An ideal microanalysis standard is free, has large grains, is homogeneous on both a micron and macro scale, and has been characterized by a method in addition to EPMA.
Most materials being considered for EPMA standards fail one or more of these criteria, usually homogeneity is the problem.
The Smithsonian Microbeam Standards are a far superior set of materials because they have been hand picked to identify clean grains, mounted and sigma ratio measured to assess intragrain and intergrain homogeneity, and analyzed by wet chemistry. Some of them are only available as small grains.
The wollastonite that John discusses is probably the best case material. It contains trace/minor Fe, Mn, etc. which is typical of many wollastonites (the crystal structure does not welcome more than trace concentrations of Mg, Fe, etc. compared to the augite and orthopyroxene structures). It may be a decent standard but it really requires a major effort to characterize the material that would be selected for distribution as a standard.

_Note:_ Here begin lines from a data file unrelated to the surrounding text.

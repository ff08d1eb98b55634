-- ===== src/Catalog/Deliveries.antt =====
-- A completed order counts once, however often it is delivered.
-- services/catalog/src/modules/events/consumers.ts
use seapedia.Prelude.{
  ◌≤◌, ◌<◌, ◌+◌, ap, arith, false, not, leb, All, All-append, All-select, ℕ, ◌≡◌, refl, sym, ◌∙◌,
  inl, inr, Bool, true, Option, none, some, List, [], ◌∷◌, ◌++◌, is_some, find, find-append,
  find-append_hit, delete, Bool-cases, Option-cases, ◌==◌, ==-refl, eq_of_==,
}
use seapedia.Platform.Monad.{Env}
use seapedia.Catalog.Schema.{CatalogDb, ProductDoc, InboxDoc}
use seapedia.Catalog.Reviews.{
  CompletedItem, processed, inbox_lifetime, is_expired, expire_inbox, is_event, is_purchase,
  add_purchase, tell_product, complete_item, complete_items, order_completed,
}

-- A delivery of `commerce.order.completed`, at its time.
pub record Delivery : Type 0 where
  pub env : Env
  pub event : ℕ
  pub buyer : ℕ
  pub items : List CompletedItem

abbrev pub deliver : Delivery → CatalogDb → CatalogDb
deliver x d = order_completed x.env x.event x.buyer x.items d

-- A delivery, or a round of the database over the expired documents of the inbox.
pub data Step : Type 0 where
  delivers : Delivery → Step
  expires : (now : ℕ) → Step

abbrev pub step : Step → CatalogDb → CatalogDb
step (delivers x) d = deliver x d
step (expires now) d = expire_inbox now d

abbrev pub steps : List Step → CatalogDb → CatalogDb
steps [] d = d
steps (s ∷ ss) d = steps ss (step s d)

abbrev pub is_delivery_of : ℕ → Step → Bool
is_delivery_of id (delivers x) = x.event == id
is_delivery_of id (expires _) = false

-- The first delivery of each event.
abbrev pub with_first : Step → List Step → List Step
with_first (delivers x) rest = delivers x ∷ delete (is_delivery_of x.event) rest
with_first (expires now) rest = expires now ∷ rest

abbrev pub first_deliveries : List Step → List Step
first_deliveries [] = []
first_deliveries (s ∷ ss) = with_first s (first_deliveries ss)

-- What was processed lives past the time `end`.
abbrev pub LivesPast : ℕ → InboxDoc → Type 0
LivesPast end e = end < e.processed_at + inbox_lifetime

-- A round is not after `end`, and what a delivery processes lives past it.
abbrev pub IsWithin : ℕ → Step → Type 0
IsWithin end (delivers x) = end < x.env.now + inbox_lifetime
IsWithin end (expires now) = now ≤ end

tell_product-inbox : (o : Option ProductDoc) (d : CatalogDb) → (tell_product o d).inbox ≡ d.inbox
tell_product-inbox none d = refl
tell_product-inbox (some p) d = refl

complete_items-inbox :
    (env : Env) (buyer : ℕ) (items : List CompletedItem) (d : CatalogDb)
    → (complete_items env buyer items d).inbox ≡ d.inbox
unfolding complete_items complete_item
complete_items-inbox env buyer [] d = refl
complete_items-inbox env buyer (i ∷ is) d =
    complete_items-inbox env buyer is (complete_item env buyer i.product_id i.quantity d)
    ∙ one i.product_id
  where
    purchase : (product : ℕ) → (add_purchase env buyer product d).inbox ≡ d.inbox
    purchase product = elim (Bool-cases (is_some (find (is_purchase buyer product) d.purchases))) [
      | inl e ↦ rw (e, add_purchase)
      | inr e ↦ rw (e, add_purchase)
    ]

    one : (o : Option ℕ) → (complete_item env buyer o i.quantity d).inbox ≡ d.inbox
    one none = refl
    one (some product) = tell_product-inbox _ _ ∙ purchase product

-- The event of the delivery was processed.
abbrev Seen : ℕ → CatalogDb → Type 0
Seen id d = is_some (find (is_event id) d.inbox) ≡ true

seen-append :
    (id : ℕ) (e : InboxDoc) (inbox : List InboxDoc)
    → is_some (find (is_event id) inbox) ≡ true
    → is_some (find (is_event id) (inbox ++ (e ∷ []))) ≡ true
seen-append id e inbox h = elim (Option-cases (find (is_event id) inbox)) [
  | inl f ↦ cc (rw f at h)
  | inr (x, f) ↦ rw (find-append_hit (is_event id) inbox (e ∷ []) f)
]

deliver-Seen : (x : Delivery) (id : ℕ) (d : CatalogDb) → Seen id d → Seen id (deliver x d)
unfolding order_completed
deliver-Seen x id d h = elim (Bool-cases (is_some (find (is_event x.event) d.inbox))) [
  | inl e ↦ rw e h
  | inr e ↦
      rw
        (
          e,
          complete_items-inbox x.env x.buyer x.items
              (record d { inbox = d.inbox ++ (processed x.env x.event ∷ []) }),
        )
        (seen-append id (processed x.env x.event) d.inbox h)
]

delivered_Seen : (x : Delivery) (d : CatalogDb) → Seen x.event (deliver x d)
unfolding order_completed
delivered_Seen x d = elim (Option-cases (find (is_event x.event) d.inbox)) [
  | inr (y, e) ↦ rw e (rw e)
  | inl e ↦
      rw
        (
          e,
          complete_items-inbox x.env x.buyer x.items
              (record d { inbox = d.inbox ++ (processed x.env x.event ∷ []) }),
        )
        (rw (find-append (is_event x.event) d.inbox (processed x.env x.event) e, ==-refl x.event))
]

again : (x : Delivery) (d : CatalogDb) → Seen x.event d → deliver x d ≡ d
unfolding order_completed
again x d h = rw h

-- A round up to `end` leaves what lives past it.
none_expired :
    (end now : ℕ) (inbox : List InboxDoc)
    → now ≤ end
    → All (LivesPast end) inbox
    → delete (is_expired now) inbox ≡ inbox
none_expired end now [] h _ = refl
none_expired end now (e ∷ es) h (lives, rest) =
    let young : leb (e.processed_at + inbox_lifetime) now ≡ false = ground (arith, h, lives) in
    rw young (ap (λ r. e ∷ r) (none_expired end now es h rest))

no_round :
    (end now : ℕ) (d : CatalogDb) → now ≤ end → All (LivesPast end) d.inbox → expire_inbox now d ≡ d
unfolding expire_inbox
no_round end now d h lives =
    ap (λ (i : List InboxDoc). record d { inbox = i }) (none_expired end now d.inbox h lives)

step-LivesPast :
    (end : ℕ) (s : Step) (d : CatalogDb)
    → IsWithin end s
    → All (LivesPast end) d.inbox
    → All (LivesPast end) (step s d).inbox
unfolding order_completed
step-LivesPast end (expires now) d h lives = rw (no_round end now d h lives) lives
step-LivesPast end (delivers x) d h lives =
    elim (Bool-cases (is_some (find (is_event x.event) d.inbox))) [
      | inl e ↦ rw e lives
      | inr e ↦
          rw
            (
              e,
              complete_items-inbox x.env x.buyer x.items
                  (record d { inbox = d.inbox ++ (processed x.env x.event ∷ []) }),
            )
            (All-append (LivesPast end) d.inbox (processed x.env x.event ∷ []) lives (h, tt))
    ]

-- Deliveries of an event that was processed and has not expired do nothing.
skip-Seen :
    (end id : ℕ) (ss : List Step) (d : CatalogDb)
    → All (IsWithin end) ss
    → All (LivesPast end) d.inbox
    → Seen id d
    → steps ss d ≡ steps (delete (is_delivery_of id) ss) d
skip-Seen end id [] d _ lives h = refl
skip-Seen end id (expires now ∷ ss) d (w, ws) lives h =
    rw (no_round end now d w lives) (skip-Seen end id ss d ws lives h)
skip-Seen end id (delivers x ∷ ss) d (w, ws) lives h = elim (Bool-cases (x.event == id)) [
  | inr n ↦ rw n (
      skip-Seen end id ss (deliver x d) ws (step-LivesPast end (delivers x) d w lives)
        (deliver-Seen x id d h))
  | inl k ↦
      let same : id ≡ x.event = sym (eq_of_== x.event id k) in
      rw (k, again x d (rw same at h)) (skip-Seen end id ss d ws lives h)
]

first_deliveries-IsWithin :
    (end : ℕ) (ss : List Step) → All (IsWithin end) ss → All (IsWithin end) (first_deliveries ss)
first_deliveries-IsWithin end [] _ = tt
first_deliveries-IsWithin end (expires now ∷ ss) (w, ws) = (w, first_deliveries-IsWithin end ss ws)
first_deliveries-IsWithin end (delivers x ∷ ss) (w, ws) = (
  w,
  All-select (IsWithin end) (λ s. not (is_delivery_of x.event s)) (first_deliveries ss)
      (first_deliveries-IsWithin end ss ws),
)

-- Deliveries of completed orders, repeated and in any order, with rounds of the database over the expired
-- documents of the inbox between them, leave the catalog as the first delivery of each event does: the
-- same sold counts, purchases, versions and events. This holds where every document of the inbox, those of
-- the deliveries included, lives past the last round: no redelivery comes after the 30 days of its event.
pub delivered_once :
    (end : ℕ) (ss : List Step) (d : CatalogDb)
    → All (IsWithin end) ss
    → All (LivesPast end) d.inbox
    → steps ss d ≡ steps (first_deliveries ss) d
delivered_once end [] d _ lives = refl
delivered_once end (expires now ∷ ss) d (w, ws) lives =
    delivered_once end ss (expire_inbox now d) ws (step-LivesPast end (expires now) d w lives)
delivered_once end (delivers x ∷ ss) d (w, ws) lives =
    let lives' = step-LivesPast end (delivers x) d w lives in
    delivered_once end ss (deliver x d) ws lives'
    ∙ skip-Seen end x.event (first_deliveries ss) (deliver x d)
        (first_deliveries-IsWithin end ss ws) lives' (delivered_Seen x d)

I would expect that the hornblende, like Kakanui hornblende, contains inclusions. That is the reality of natural minerals. That presents a real problem in stating what the composition "is" and issues regarding use of that material as a potential standard.

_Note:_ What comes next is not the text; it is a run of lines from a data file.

-- ===== src/Catalog/Withdrawn.antt =====
-- A product that is withdrawn is counted down once. services/catalog/src/modules/products
use seapedia.Prelude.{
  ℕ, ◌+◌, ◌≤◌, ◌≡◌, refl, arith, inl, inr, Bool, true, false, not, ◌&&◌, some, List, [], ◌∷◌, find,
  find_test, update, delete, count, count-pos, count-imp, count-update_same, All-imp, All-update,
  All-select, Bool-cases, ◌==◌, eq_of_==, ==-refl, if◌then◌else◌,
}
use seapedia.Platform.Monad.{Env}
use seapedia.Catalog.Schema.{StoreDoc, ProductDoc}
use seapedia.Catalog.Stores.{is_store}
use seapedia.Catalog.Products.{is_product, is_owned, in_store, one_less}
use seapedia.Catalog.Counted.{Counts, Homed, IsCounted}

module _ {A : Type 0} where
  count-delete :
      (q r : A → Bool) (xs : List A)
      → count q (delete r xs) + count (λ x. r x && q x) xs ≡ count q xs
  count-delete q r [] = refl
  count-delete q r (x ∷ xs) = ground (arith, count-delete q r xs)

  -- Rows of two tests that exclude each other.
  count_disjoint :
      (a b c : A → Bool) (xs : List A)
      → ((x : A) → a x ≡ true → b x ≡ false)
      → ((x : A) → a x ≡ true → c x ≡ true)
      → ((x : A) → b x ≡ true → c x ≡ true)
      → count a xs + count b xs ≤ count c xs
  count_disjoint a b c [] h k l = omega arith
  count_disjoint a b c (x ∷ xs) h k l = ground (arith, h x, k x, l x, count_disjoint a b c xs h k l)

pub IsCounted-withdraw :
    (env : Env) (store id : ℕ) (p : ProductDoc) (ss : List StoreDoc) (ps : List ProductDoc)
    → find (is_owned store id) ps ≡ some p
    → IsCounted ss ps
    → IsCounted (update (is_store store) (one_less env) ss) (delete (is_product p.id) ps)
IsCounted-withdraw env store id p ss ps found h = record {
  counted =
      All-update (Counts ps) (Counts left) (is_store store) (one_less env) ss (λ s c. step s c)
        h.counted;
  homed =
      All-imp (Homed ss) (Homed (update (is_store store) (one_less env) ss))
        (λ x k.
          rw
            (count-update_same (is_store x.store_id) (is_store store) (one_less env) ss
              (λ _ _. refl))
            k)
        left (All-select (Homed ss) (λ x. not (is_product p.id x)) ps h.homed);
  once = λ k. fewer k;
}
  where
    left : List ProductDoc
    left = delete (is_product p.id) ps

    fewer : (k : ℕ) → count (is_product k) left ≤ 1
    fewer k = omega (arith, count-delete (is_product k) (is_product p.id) ps, h.once k)

    gone_in : ℕ → ℕ
    gone_in k = count (λ x. is_product p.id x && in_store k x) ps

    owned : p.store_id ≡ store
    owned = ground (arith, find_test (is_owned store id) ps found)

    one : gone_in store ≡ 1
    one =
        let low : 1 ≤ gone_in store =
          count-pos (λ x. is_product p.id x && in_store store x) (is_owned store id) ps found
            (rw (==-refl p.id) (ground (arith, owned))) in
        let high : gone_in store ≤ count (is_product p.id) ps =
          count-imp (λ x. is_product p.id x && in_store store x) (is_product p.id) ps
            (λ x. ground arith) in
        omega (arith, h.once p.id)

    none_in : (k : ℕ) → (k == store) ≡ false → gone_in k ≡ 0
    none_in k n =
        let both : gone_in store + gone_in k ≤ count (is_product p.id) ps =
          count_disjoint (λ x. is_product p.id x && in_store store x)
            (λ x. is_product p.id x && in_store k x) (is_product p.id) ps (λ x. ground arith)
            (λ x. ground arith) (λ x. ground arith) in
        omega (arith, one, h.once p.id)

    step :
        (s : StoreDoc) → Counts ps s → Counts left (if is_store store s then one_less env s else s)
    step s c = elim (Bool-cases (is_store store s)) [
      | inl k ↦
          let own : s.id ≡ store = eq_of_== s.id store k in
          let all = count-delete (in_store s.id) (is_product p.id) ps in
          let one' : gone_in s.id ≡ 1 = rw own one in rw k (omega arith)
      | inr n ↦
          let all = count-delete (in_store s.id) (is_product p.id) ps in
          let none' : gone_in s.id ≡ 0 = none_in s.id n in rw n (omega arith)
    ]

I support exploration of these materials. The ideal set of calibration materials for the geology community is end-member, stoichiometric, homogeneous materials available in large chunks. For example, I use Elba hematite as our primary Fe standard but always include secondary Fe standards in the PFE run. This Elba hematite is probably from the Caltech mineral collection, is not an internationally recognized EPMA standard, but is Fe-rich and homogeneous. The Smithsonian magnetite is an equivalent standard and could be used (the Smithsonian ilmenite is good but contains some inclusions of hematite and other phases). The Rockport fayalite standard likely contains grunerite and magnetite in the mineral separate used for the SMS wet chemical analysis, so it is decent material but the accepted analysis is faulty; this can only be corrected by cleaning the separate and reanalyzing the bulk material.
So the ideal standard setup is to have materials that have the highest element concentration expected in a probe run, but avoiding problem materials (Quartz: beam sensitive, Si peak shift vs. most minerals(?), Corundum: conductivity issues, peak shift, and so on). The accuracy of the calibration is then demonstrated by analysis of accepted standards such as the SMS materials (we use Kakanui hornblende).

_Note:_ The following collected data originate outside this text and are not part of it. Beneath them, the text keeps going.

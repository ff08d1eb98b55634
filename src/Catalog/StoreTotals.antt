-- ===== src/Catalog/StoreTotals.antt =====
-- Calls on stores keep the number of products of a store in step. services/catalog/src/modules/stores
use seapedia.Prelude.{
  ℕ, ◌≡◌, refl, arith, inl, inr, Option, none, some, is_some, find, find-none, Bool-cases,
  Option-cases,
}
use seapedia.Platform.Monad.{Env}
use seapedia.Platform.Rules.{OnOk, OnOk-of_state, transaction_state, continue_state}
use seapedia.Catalog.Slugs.{Text}
use seapedia.Catalog.Schema.{StoreDoc, CatalogDb}
use seapedia.Catalog.Stores.{
  is_store, is_seller, clashes_with, insert_store, new_store, insert_and_tell, create_with, create,
  StoreInput, StorePatch, patched, clashes_other, write_store, write_with, new_slug, update_found,
  update_store, name_taken, get_unique_slug, renamed,
}
use seapedia.Catalog.Products.{tell_store}
use seapedia.Catalog.Counted.{IsCounted, IsCounted-open, IsCounted-stores}

abbrev pub HasTotals : CatalogDb → Type 0
HasTotals d = IsCounted d.stores d.products

abbrev pub Ends : {A : Type 0} → A → CatalogDb → Type 0
Ends _ d = HasTotals d

pub tell_store-HasTotals :
    (o : Option StoreDoc) (d : CatalogDb) → HasTotals d → HasTotals (tell_store o d)
tell_store-HasTotals none d h = h
tell_store-HasTotals (some s) d h = h

module _ (env : Env) where
  insert_and_tell-HasTotals :
      (s : StoreDoc) (d : CatalogDb)
      → s.total_products ≡ 0
      → HasTotals d
      → OnOk Ends (insert_and_tell s d)
  unfolding insert_and_tell insert_store
  insert_and_tell-HasTotals s d empty h = elim (Option-cases (find (clashes_with s) d.stores)) [
    | inr (x, f) ↦ rw f tt
    | inl f ↦ rw f (
        IsCounted-open s d.stores d.products
          (find-none (is_store s.id) (clashes_with s) d.stores (λ x n. ground arith) f) empty h)
  ]

  create_with-HasTotals :
      (user : ℕ) (input : StoreInput) (slug : Option Text) (d : CatalogDb)
      → HasTotals d
      → HasTotals (create_with env user input slug d).1
  unfolding create_with
  create_with-HasTotals user input none d h = h
  create_with-HasTotals user input (some slug) d h =
      transaction_state HasTotals (insert_and_tell (new_store env user input slug)) d h
        (insert_and_tell-HasTotals (new_store env user input slug) d refl h)

  pub create-HasTotals :
      (user : ℕ) (input : StoreInput) (d : CatalogDb)
      → HasTotals d
      → HasTotals (create env user input d).1
  unfolding create
  create-HasTotals user input d h = elim (Bool-cases (is_some (find (is_seller user) d.stores))) [
    | inl e ↦ rw e h
    | inr e ↦ rw e (elim (Bool-cases (name_taken input.name none d)) [
      | inl f ↦ rw f h
      | inr f ↦ rw f (create_with-HasTotals user input (get_unique_slug input.name none d) d h)
    ])
  ]

  write_store-HasTotals :
      (p : StorePatch) (before : StoreDoc) (slug : Text) (d : CatalogDb)
      → HasTotals d
      → HasTotals (write_store env p before slug d).1
  unfolding write_store
  write_store-HasTotals p before slug d h =
      elim (Bool-cases
        (is_some (find (clashes_other (patched env p before slug before)) d.stores))) [
          | inl e ↦ rw e h
          | inr e ↦ rw e (
              IsCounted-stores (is_store before.id) (patched env p before slug) d.stores d.products
                (λ _. refl) (λ _. refl) h)
        ]

  write_with-HasTotals :
      (p : StorePatch) (before : StoreDoc) (slug : Option Text) (d : CatalogDb)
      → HasTotals d
      → HasTotals (write_with env p before slug d).1
  unfolding write_with
  write_with-HasTotals p before none d h = h
  write_with-HasTotals p before (some slug) d h =
      transaction_state HasTotals (write_store env p before slug) d h (
        OnOk-of_state HasTotals (write_store env p before slug d)
          (write_store-HasTotals p before slug d h))

  new_slug-same :
      (before : StoreDoc) (name : Option Text) (d : CatalogDb)
      → HasTotals d
      → HasTotals (new_slug before name d).1
  unfolding new_slug
  new_slug-same before none d h = h
  new_slug-same before (some name) d h = elim (Bool-cases (name_taken name (some before.id) d)) [
    | inl e ↦ rw e h
    | inr e ↦ rw e h
  ]

  pub update_store-HasTotals :
      (user : ℕ) (p : StorePatch) (d : CatalogDb)
      → HasTotals d
      → HasTotals (update_store env user p d).1
  unfolding update_store update_found
  update_store-HasTotals user p d h = go (find (is_seller user) d.stores)
    where
      go : (o : Option StoreDoc) → HasTotals (update_found env p o d).1
      go none = h
      go (some before) =
          continue_state HasTotals (new_slug before (renamed p.name before.name) d) _
            (new_slug-same before (renamed p.name before.name) d h)
            (λ slug d₁ h₁.
              continue_state HasTotals (write_with env p before slug d₁) _
                (write_with-HasTotals p before slug d₁ h₁) (λ _ d₂ h₂. h₂))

The Ward's wollastonite could be a usable standard but I recall seeing BSE zoning in the large pieces. This ultimately, like many materials, disqualifies it because when you crush it for distribution, you have many grains with variation in the chemistry. When a user mounts up 1-2 grains they implicitly assume those grains are the true composition when they probably aren't. This issue is a problem for the commercial standard mounts but notice that they mostly contain end member phases like Sb2S3 which are stoichiometric and homogeneous.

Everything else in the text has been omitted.